Explanatory Notes, generally

There are minor and/or typographical errors in the ENs, in particular:

para 42(a) omits “registrable” before “beneficial”

para 67, “to” after “sends”

para 81 refers to Clauses 21 and 22 as 20 and 21

para 89 refers at the end of line 4 to a notice period: it should be “notice to be given of an application”

para 128 is divided into sub-paragraphs numbered differently to other subdivisions

para 128(i) omits “and” after “regime”

para 182 refers to a disposition being un-registrable “under paragraphs 3 and 4”

paras 185 and 186 refer to an offence “under paragraphs 4 or 5”, and “4 and 5”. There is no offence under paragraph 4

para 221, “od” [sic] and lower-case reference to “schedule 4A” (which occurs elsewhere)

We are grateful for these comments.


Sched 2, para 23

In relation to the definition of “foreign limited partner”, the Law Society of Scotland says the following are not clear—

(1) the meaning of “arrangements” (para 23(6)), and

(2) the scope of “characteristics” (para 23(5) and (6))

Both will be addressed in regulations, the content and structure of which is still being considered.

The regulations will take into account the meaning of “arrangements” and scope of “characteristics” as outlined in The Register of People with Significant Control Regulations 2016, Regulation 8.
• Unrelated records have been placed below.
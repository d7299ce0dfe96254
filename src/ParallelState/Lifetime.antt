-- ===== src/ParallelState/Lifetime.antt =====
-- The state of the process groups after `initialize_model_parallel`: the queries for the groups, and
-- `destroy_model_parallel`, which keeps the split rank and the ranks of the embedding groups.
use megatron_lm.Prelude.{
  true, ◌>>=◌, ap, false, ℕ, ◌*◌, ◌≡◌, Bool, not, ◌&&◌, Option, none, some, List, Result, ok, raise,
  assertion_error, refl,
}
use megatron_lm.ParallelState.{Sizes, Globals, is_none, init_data_parallel, data_parallel_size}
use megatron_lm.ParallelState.Striped.{stripe_of}
use megatron_lm.ParallelState.Stages.{IsSized, init_data_parallel-exact}

abbrev pub is_unitialized : Globals → Bool
is_unitialized g = is_none g.data_parallel_group

abbrev pub model_parallel_is_initialized : Globals → Bool
model_parallel_is_initialized g =
    not (is_none g.tensor_model_parallel_group)
    && not (is_none g.pipeline_model_parallel_group)
    && not (is_none g.data_parallel_group)

-- `assert GROUP is not None` and `return GROUP`
abbrev pub initialized_group : Option (List ℕ) → Result (List ℕ)
initialized_group none = raise assertion_error
initialized_group (some group) = ok group

abbrev pub get_model_parallel_group : Globals → Result (List ℕ)
get_model_parallel_group g = initialized_group g.model_parallel_group

-- With `check_initialized` off, the group is returned even if it is `None`.
abbrev pub get_tensor_model_parallel_group : Globals → Bool → Result (Option (List ℕ))
get_tensor_model_parallel_group g false = ok g.tensor_model_parallel_group
get_tensor_model_parallel_group g true =
    initialized_group g.tensor_model_parallel_group >>= λ group. ok (some group)

abbrev pub get_pipeline_model_parallel_group : Globals → Result (List ℕ)
get_pipeline_model_parallel_group g = initialized_group g.pipeline_model_parallel_group

abbrev pub destroy_model_parallel : Globals → Globals
destroy_model_parallel g = record g {
  virtual_pipeline_model_parallel_rank = none;
  virtual_pipeline_model_parallel_world_size = none;
  data_parallel_group = none;
  data_parallel_group_with_cp = none;
  context_parallel_group = none;
  model_parallel_group = none;
  tensor_model_parallel_group = none;
  pipeline_model_parallel_group = none;
  embedding_group = none;
  position_embedding_group = none;
  tensor_and_data_parallel_group = none;
  tensor_and_data_parallel_group_with_cp = none;
  tensor_and_expert_parallel_group = none;
  data_modulo_expert_parallel_group = none;
}

-- After `destroy_model_parallel`, whatever the globals were, the section of the data-parallel
-- groups succeeds for sizes that fit the number of ranks: the process counts as initialized, and
-- its data-parallel group is the stripe that the rank is on.
pub initialize_again :
    (s : Sizes)
    → IsSized s
    → (g : Globals)
    → (g' : Globals) × (init_data_parallel s (destroy_model_parallel g) ≡ ok g')
      × (is_unitialized g' ≡ false)
      × (g'.data_parallel_group
          ≡ some (
              stripe_of
                (data_parallel_size s * (s.context_parallel_size * s.tensor_model_parallel_size))
                (s.context_parallel_size * s.tensor_model_parallel_size)
                s.rank))
initialize_again s sized g =
    let (g', e, group, _) = init_data_parallel-exact s sized (destroy_model_parallel g) refl in
    (g', e, ap is_none group, group)
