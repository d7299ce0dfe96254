-- ===== src/ParallelState/Tests.antt =====
-- The groups of a small run, and the theorems at concrete inputs.
use megatron_lm.ParallelState.Stages.{IsSized, init_data_parallel-exact}
use megatron_lm.ParallelState.Striped.{stripe_of}
use megatron_lm.Prelude.{arith, ◌*◌, ◌≡◌, refl, ok, raise, some, none, [], ◌∷◌, runtime_error}
use megatron_lm.Bucket.{contains}
use megatron_lm.ParallelState.{
  Sizes, Globals, join, check_sizes, data_parallel_groups, data_parallel_groups_with_cp,
  context_parallel_groups, tensor_model_parallel_groups, pipeline_model_parallel_groups,
  tensor_and_data_parallel_groups_with_cp, tensor_and_data_parallel_groups,
  tensor_and_expert_parallel_groups, data_modulo_expert_parallel_groups, column, columns,
  embedding_ranks_of, pipeline_loop, init_data_parallel, init_model_parallel,
  init_pipeline_parallel, init_tensor_and_data_parallel, init_expert_parallel, set_sizes,
  initialize_model_parallel, uninitialized,
}

-- The example of the function's comment: 16 ranks, 2 tensor-parallel and 4 pipeline stages.
abbrev sizes : Sizes
sizes = record {
  tensor_model_parallel_size = 2;
  pipeline_model_parallel_size = 4;
  virtual_pipeline_model_parallel_size = none;
  pipeline_model_parallel_split_rank = none;
  context_parallel_size = 1;
  expert_model_parallel_size = 1;
  world_size = 16;
  rank = 5;
}

abbrev initialized : Globals
initialized = record uninitialized {
  data_parallel_group = some (5 ∷ 7 ∷ []);
  data_parallel_group_with_cp = some (5 ∷ 7 ∷ []);
  context_parallel_group = some (5 ∷ []);
  model_parallel_group = some (0 ∷ 1 ∷ 4 ∷ 5 ∷ 8 ∷ 9 ∷ 12 ∷ 13 ∷ []);
  tensor_model_parallel_group = some (4 ∷ 5 ∷ []);
  pipeline_model_parallel_group = some (1 ∷ 5 ∷ 9 ∷ 13 ∷ []);
  embedding_global_ranks = some (1 ∷ 13 ∷ []);
  position_embedding_global_ranks = some (1 ∷ []);
  tensor_and_data_parallel_group = some (4 ∷ 5 ∷ 6 ∷ 7 ∷ []);
  tensor_and_data_parallel_group_with_cp = some (4 ∷ 5 ∷ 6 ∷ 7 ∷ []);
  tensor_and_expert_parallel_group = some (4 ∷ 5 ∷ []);
  data_modulo_expert_parallel_group = some (5 ∷ 7 ∷ []);
}

program : Unit {0}
unfolding contains join check_sizes data_parallel_groups data_parallel_groups_with_cp
    context_parallel_groups tensor_model_parallel_groups pipeline_model_parallel_groups
    tensor_and_data_parallel_groups_with_cp tensor_and_data_parallel_groups
    tensor_and_expert_parallel_groups data_modulo_expert_parallel_groups column columns
    embedding_ranks_of pipeline_loop init_data_parallel init_model_parallel init_pipeline_parallel
    init_tensor_and_data_parallel init_expert_parallel set_sizes initialize_model_parallel
program = tt

initialize-sizes : initialize_model_parallel sizes uninitialized ≡ ok initialized
unfolding program
initialize-sizes = refl

initialize_indivisible :
    initialize_model_parallel (record sizes { world_size = 12 }) uninitialized ≡ raise runtime_error
unfolding program
initialize_indivisible = refl

sizes-IsSized : IsSized sizes
sizes-IsSized = record {
  tp_pos = omega arith;
  pp_pos = omega arith;
  cp_pos = omega arith;
  divides = refl;
  rank_lt = omega arith;
}

init_data_parallel-exact_example :
    (g' : Globals) × (init_data_parallel sizes uninitialized ≡ ok g')
    × (g'.data_parallel_group ≡ some (stripe_of (2 * (1 * 2)) (1 * 2) 5))
    × (g'.data_parallel_group_with_cp ≡ some (stripe_of (2 * 1 * 2) 2 5))
init_data_parallel-exact_example = init_data_parallel-exact sizes sizes-IsSized uninitialized refl

stripe : stripe_of 4 2 5 ≡ 5 ∷ 7 ∷ []
stripe = refl
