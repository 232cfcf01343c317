-- ===== src/Lib.antt =====
-- Verification of shitflared, a fork of cloudflared (Go) that serves quick tunnels.
--
-- The program connects to the Cloudflare edge and proxies traffic from there to local origins. The
-- development models the parts in which its own logic lies, one tree of modules for each:
--
-- - Flow (flow/limiter.go): the limiter of active flows. `acquire`, `release`, `set_limit` are
--   Acquire, Release, SetLimit. Flow/Bounds has the laws of any run of calls.
-- - V3 (quic/v3): the datagram protocol. V3/RequestId (request.go); V3/Wire, V3/Registration,
--   V3/Payload, V3/Response (datagram.go): the codecs, `marshal` and `unmarshal` and their kin for
--   MarshalBinary and UnmarshalBinary; V3/Manager (manager.go): the session table, which uses Flow;
--   V3/Muxer (muxer.go, Migrate of session.go): registration, migration and demultiplexing over both.
-- - EdgeDiscovery (edgediscovery): AddrSet, Region, Regions (allregions/address.go, region.go,
--   regions.go) and Edge (edgediscovery.go): which connection uses which edge address. AddrSet/Counts,
--   Region/Flat and Regions/Flat show the layers to be one map from addresses to users; Edge/Invariant,
--   Edge/History and Edge/Failover have the theorems.
-- - Server (cmd/cloudflared/main.go): the HTTP server of quick tunnels. Server has validation and the
--   state; Server/Steps the steps of the handlers (check_start, register_start, ready_start and kin for
--   handleStartQuickTunnel, check_stop to finish_stop for handleStopTunnel, handle_callback for
--   handleWorkerCallback) and their interleaving; Server/Frame, Server/Within, Server/Limit and
--   Server/Exhaust the theorems on the limit of tunnels, Server/Request those on requests;
--   Server/Listing is handleListTunnels.
-- - Retry (retry/backoffhandler.go): retries with an exponential backoff, whose shifts wrap and whose
--   random generator panics on a bound that is not positive; Retry/Bounds and
--   Retry/Announced have the theorems.
-- - Supervisor (supervisor): Supervisor/Fuse (fuse.go); Supervisor/Fallback (IpAddrFallback of
--   tunnel.go); Supervisor/Protocol (protocolFallback and selectNextProtocol of tunnel.go over Retry, the
--   protocols of connection/protocol.go); Supervisor/Loop (supervisor.go): the loop of Run as `step` over
--   events, with the theorems in Supervisor/Loop/Invariant, Runs, Progress and Liveness; Supervisor/Serve
--   (Serve and serveTunnel of tunnel.go): an attempt of a connection over EdgeDiscovery, Retry, Tracker
--   and both fallbacks.
-- - Tracker (tunnelstate/conntracker.go, connection/event.go): the connections by index.
-- - IpAccess (ipaccess/access.go): the policy of SOCKS proxies; IpAccess/Search is its binary search.
-- - Ingress (ingress): Ingress/Origin (config.go, with the types of config/configuration.go) has the
--   settings of origins, `from_config` and `to_raw` for originRequestFromConfig and
--   ConvertToRawOriginConfig, Ingress/Origin/Override `set_config` for setConfig with a function for each
--   of its setters; Ingress/Rules (rule.go, ingress.go) the rules, their patterns and the
--   search, Ingress/HostPort the split of a port that they use, and Ingress/Validate validateIngress.
--   Regular expressions, URLs, CIDR texts and punycode are the record `Libraries` of arguments.
-- - Orchestration (orchestration/orchestrator.go): updates of the configuration over Ingress and Flow,
--   `update_config`, `update_ingress` and `shutdown` for UpdateConfig, updateIngress and
--   waitToCloseLastProxy, with the default dialer of ingress/origin_dialer.go; Orchestration/Versions, Requests and Channels have the theorems.
-- - ProtocolSelection (connection/protocol.go, edgediscovery/protocol.go): the selectors of the protocol,
--   whose answers Supervisor/Protocol uses.
-- - DatagramV2 (quic/datagram.go, quic/datagramv2.go): the second version of datagrams; DatagramV2/Sessions
--   (datagramsession, connection/quic_datagram_v2.go): its sessions as `step` over requests, with Flow.
-- - Socks (socks/request.go, socks/request_handler.go): requests and replies of SOCKS5, and `handle` for
--   Handle, which asks IpAccess.
-- - Funnel (packet/funnel.go): the tracker of funnels, `get_or_register`, `unregister` and `cleanup`.
-- - Features (features): the features that a connection asks for, `client_features`.
--
-- Conventions. Go integers are natural numbers; where a w-bit value can wrap, `% 2 ^ w` is written
-- out. A method under a mutex is one step, a function from the state to the state and the result.
-- Errors and panics are values: in V3 a slice or index out of range is `panicked`, on slices whose
-- capacity is their length. Maps are association lists; where the source stops at whatever entry a
-- range over a map meets first, the model takes the choice as an argument, and the theorems hold for
-- every choice. Time, random choices and the outcome of what the operating system does (dialling a
-- socket, sending a datagram) are arguments. Loops are structural
-- recursions, and those of a service are runs over events. Only the binary search of IpAccess has
-- fuel, a round for each port, which is enough since a round at least halves the range.
--
-- Not modelled: logs and metrics, DNS, sockets and HTTP transports, JSON and YAML, the command line,
-- generated and vendored code; nor, of the logic, startFirstTunnel of the supervisor, validation,
-- overwatch, management and prechecks.
pub mod Prelude
pub mod Flow
pub mod V3
pub mod EdgeDiscovery
pub mod Server
pub mod Retry
pub mod Supervisor
pub mod Tracker
pub mod IpAccess
pub mod Ingress
pub mod Orchestration
pub mod ProtocolSelection
pub mod DatagramV2
pub mod Socks
pub mod Funnel
pub mod Features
Sched 4, para 7 (new Sched 1A to 2012 Act, para 1(1) and para 2(1)).

The Law Society of Scotland suggests that it is not clear whether subparagraphs (i) to (iii) of para 1(1)(a) are intended to qualify a “qualifying registrable deed” as well as a “registrable deed”. It makes a similar point in relation to para 2(2)(a) and “which is a standard security”.

It seems reasonably clear, given the way “qualifying registrable deed” is defined in para 7(1), that the additional qualifications apply only to “registrable deed” in each case. Is this the Department’s view?

Yes, this is the Department’s view


Cl 7

Sched 3, para 3 (new Sched 4A to 2002 Act, para 7)

Sched 4, para 7 (new Sched 1A to 2012 Act, para 7(2) & (3))

Sched 5, para 3 (new Sched 8A to 1970 Act, para 7)

The Law Society of Scotland points out that the duty in Clause 7 to update the register could be interpreted either—

(1) as being satisfied simply by delivering the information referred to, regardless of its accuracy (the making of deliberate or reckless errors in which might be an offence under Cl 28), or

(2) as requiring that the information submitted be accurate (which might mean the land registries would have to check it before registering any disposition / deed, as a result of para 7 of each of the inserted Schedules referred to).

Which is the intended policy, and is the Department satisfied that the drafting is sufficiently clear?

The Department is satisfied that the drafting is sufficiently clear: it is an offence to provide false information and the overseas entity must provide correct information to discharge their statutory obligations. Land Registries must be satisfied that an overseas entity is a registered overseas entity prior to registering relevant dispositions.